JetsonHacks

Developing on NVIDIA® Jetson™ for AI on the Edge

Jetson Orin + RealSense in 5 minutes

The JetsonHacks Github repository offers kernel modules which allow you to install and run a RealSense camera in around 5 minutes. Looky here:

Background

The Intel RealSense cameras were some of the pioneers in affordable RGBD cameras. RGBD meaning Color + Depth. In addition to a pair of infrared cameras, RealSense Cameras like the D435i use an infrared laser projector to help illuminate indoor scenes. This allows for better performance in low light situations. The RealSense cameras have on board compute to help build the depth map and overlaying the RGB camera image for a point cloud.

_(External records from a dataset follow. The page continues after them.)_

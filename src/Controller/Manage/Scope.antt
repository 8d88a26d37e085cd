-- ===== src/Controller/Manage/Scope.antt =====
-- Managing a job of either kind makes requests for that job only, and keeps its metadata.
use kubeflow_controller.Common.{String, Bool, true, false, List}
use kubeflow_controller.Common.Int.{ℤ, pos}
use kubeflow_controller.Common.Outcome.{deref, index}
use kubeflow_controller.Common.Go.{zoom, gets, modify, ◌>>=◌}
use kubeflow_controller.Common.Go.Keeps.{
  Preorder, Keeps, >>=-Keeps, >>-Keeps, zoom-Keeps, lift-Keeps, pure-Keeps, reads-Keeps,
}
use kubeflow_controller.Api.{ObjectMeta, PodTemplateSpec, Pod, Service, TfJob}
use kubeflow_controller.Checker.{is_local_job}
use kubeflow_controller.Platform.{Platform, Sync}
use kubeflow_controller.Platform.Requests.{Sent-none, Within}
use kubeflow_controller.Tensorflow.Types.{
  ActionType, should_add_ps, should_add_ps_service, should_add_worker, should_add_worker_service,
  should_delete, nothing,
}
use kubeflow_controller.Tensorflow.Distributed.{new_distributed_job}
use kubeflow_controller.Tensorflow.Local.{new_local_job}
use kubeflow_controller.Tensorflow.Local
use kubeflow_controller.Tensorflow.Metadata.{DrawingLocal, local_action-same}
use kubeflow_controller.Controller.Manage.{
  expect, try_create_pod, add_local_pod, manage_local_action, manage_local, manage_kind,
  manage_tf_job,
}
use kubeflow_controller.Controller.Manage.Within.{
  try_create_pod-Within, manage_distributed-Within, Managing, always,
}

module _ (p : Platform) where
  open p use {machinery, names}

  -- The job of a sync, and the rest of its state.
  abbrev pub Syncs_if : (ObjectMeta → Bool) → Preorder (TfJob × Sync p)
  Syncs_if may =
      Within may (λ (s : TfJob × Sync p). s.0.metadata) (λ (s : TfJob × Sync p). s.1.session.calls)

  abbrev Syncs : Preorder (TfJob × Sync p)
  Syncs = Syncs_if always

  local_template-Within :
      (key : String) (template : PodTemplateSpec)
      → Keeps Syncs (
          gets (λ (s : TfJob × Sync p). s.0) >>= λ job.
          zoom (λ s. s.1) (λ t s. (s.0, t)) (try_create_pod p key job template))
  local_template-Within key template = record {
    apply = λ s. (try_create_pod-Within p key s.0 template).apply s.1;
  }

  local_expect-Within :
      (key : String) (n : ℤ)
      → Keeps Syncs (zoom (λ (s : TfJob × Sync p). s.1) (λ t s. (s.0, t)) (modify (expect p key n)))
  unfolding expect
  local_expect-Within key n = record { apply = λ s. Syncs.same s }

  add_local_pod-Within : (key : String) (n : ℤ) → Keeps Syncs (add_local_pod p key n)
  unfolding add_local_pod
  add_local_pod-Within key n = >>-Keeps Syncs (local_expect-Within key n) (
      >>=-Keeps Syncs (reads-Keeps Syncs (λ s. index s.0.spec.specs (pos 0))) λ spec.
        >>=-Keeps Syncs (lift-Keeps Syncs (deref spec.template))
          λ template. local_template-Within key template)

  manage_local_action-Within :
      (key : String) (action : ActionType) (n : ℤ)
      → Keeps Syncs (manage_local_action p key action n)
  unfolding manage_local_action
  manage_local_action-Within key should_add_worker n = add_local_pod-Within key n
  manage_local_action-Within key nothing n = pure-Keeps Syncs tt
  manage_local_action-Within key should_add_ps n = pure-Keeps Syncs tt
  manage_local_action-Within key should_add_ps_service n = pure-Keeps Syncs tt
  manage_local_action-Within key should_add_worker_service n = pure-Keeps Syncs tt
  manage_local_action-Within key should_delete n = pure-Keeps Syncs tt

  local_plan-Within :
      (pods : List Pod) (succeeded : ℤ)
      → Keeps Syncs (
          zoom
            (λ (s : TfJob × Sync p). (new_local_job s.0 pods succeeded, s.1.gen))
            (λ t s. (t.0.tf_job, record s.1 { gen = t.1 }))
            (Local.action names))
  unfolding new_local_job
  local_plan-Within pods succeeded =
      zoom-Keeps (DrawingLocal names) Syncs (λ s. (new_local_job s.0 pods succeeded, s.1.gen))
        (λ t s. (t.0.tf_job, record s.1 { gen = t.1 }))
        (λ t s k. (k, Sent-none always t.0.metadata t.1.session.calls)) (local_action-same names)

  manage_local-Within :
      (key : String) (pods : List Pod) (succeeded : ℤ)
      → Keeps Syncs (manage_local p key pods succeeded)
  unfolding manage_local
  manage_local-Within key pods succeeded =
      >>=-Keeps Syncs (local_plan-Within pods succeeded)
        (λ event. manage_local_action-Within key event.action event.number)

  manage_kind-Within :
      (workers ps : List Pod) (worker_services ps_services : List Service) (succeeded : ℤ)
      (key : String) (local : Bool)
      → Keeps Syncs (manage_kind p workers ps worker_services ps_services succeeded key local)
  unfolding manage_kind new_distributed_job
  manage_kind-Within workers ps worker_services ps_services succeeded key true =
      manage_local-Within key workers succeeded
  manage_kind-Within workers ps worker_services ps_services succeeded key false =
      zoom-Keeps (Managing p) Syncs
        (λ s. (new_distributed_job s.0 workers ps worker_services ps_services succeeded, s.1))
        (λ t s. (t.0.tf_job, t.1)) (λ t s k. k) (manage_distributed-Within p key)

  pub manage_tf_job-Within :
      (workers ps : List Pod) (worker_services ps_services : List Service) (succeeded : ℤ)
      → Keeps (Syncs_if always) (manage_tf_job p workers ps worker_services ps_services succeeded)
  unfolding manage_tf_job
  manage_tf_job-Within workers ps worker_services ps_services succeeded =
      >>=-Keeps Syncs (reads-Keeps Syncs (λ s. machinery.key_func s.0.metadata)) λ key.
        >>=-Keeps Syncs (reads-Keeps Syncs (λ s. is_local_job s.0))
          λ local. manage_kind-Within workers ps worker_services ps_services succeeded key local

For several different computers, the RealSense cameras offer a near plug and play experience using the RealSense SDK. For the Jetsons, it’s always been a little bit more trouble to run natively. There is a work around which allows you to use the RealSense SDK from user space on the Jetson. But there is a tradeoff in speed and accuracy which Intel warns against in a production environment.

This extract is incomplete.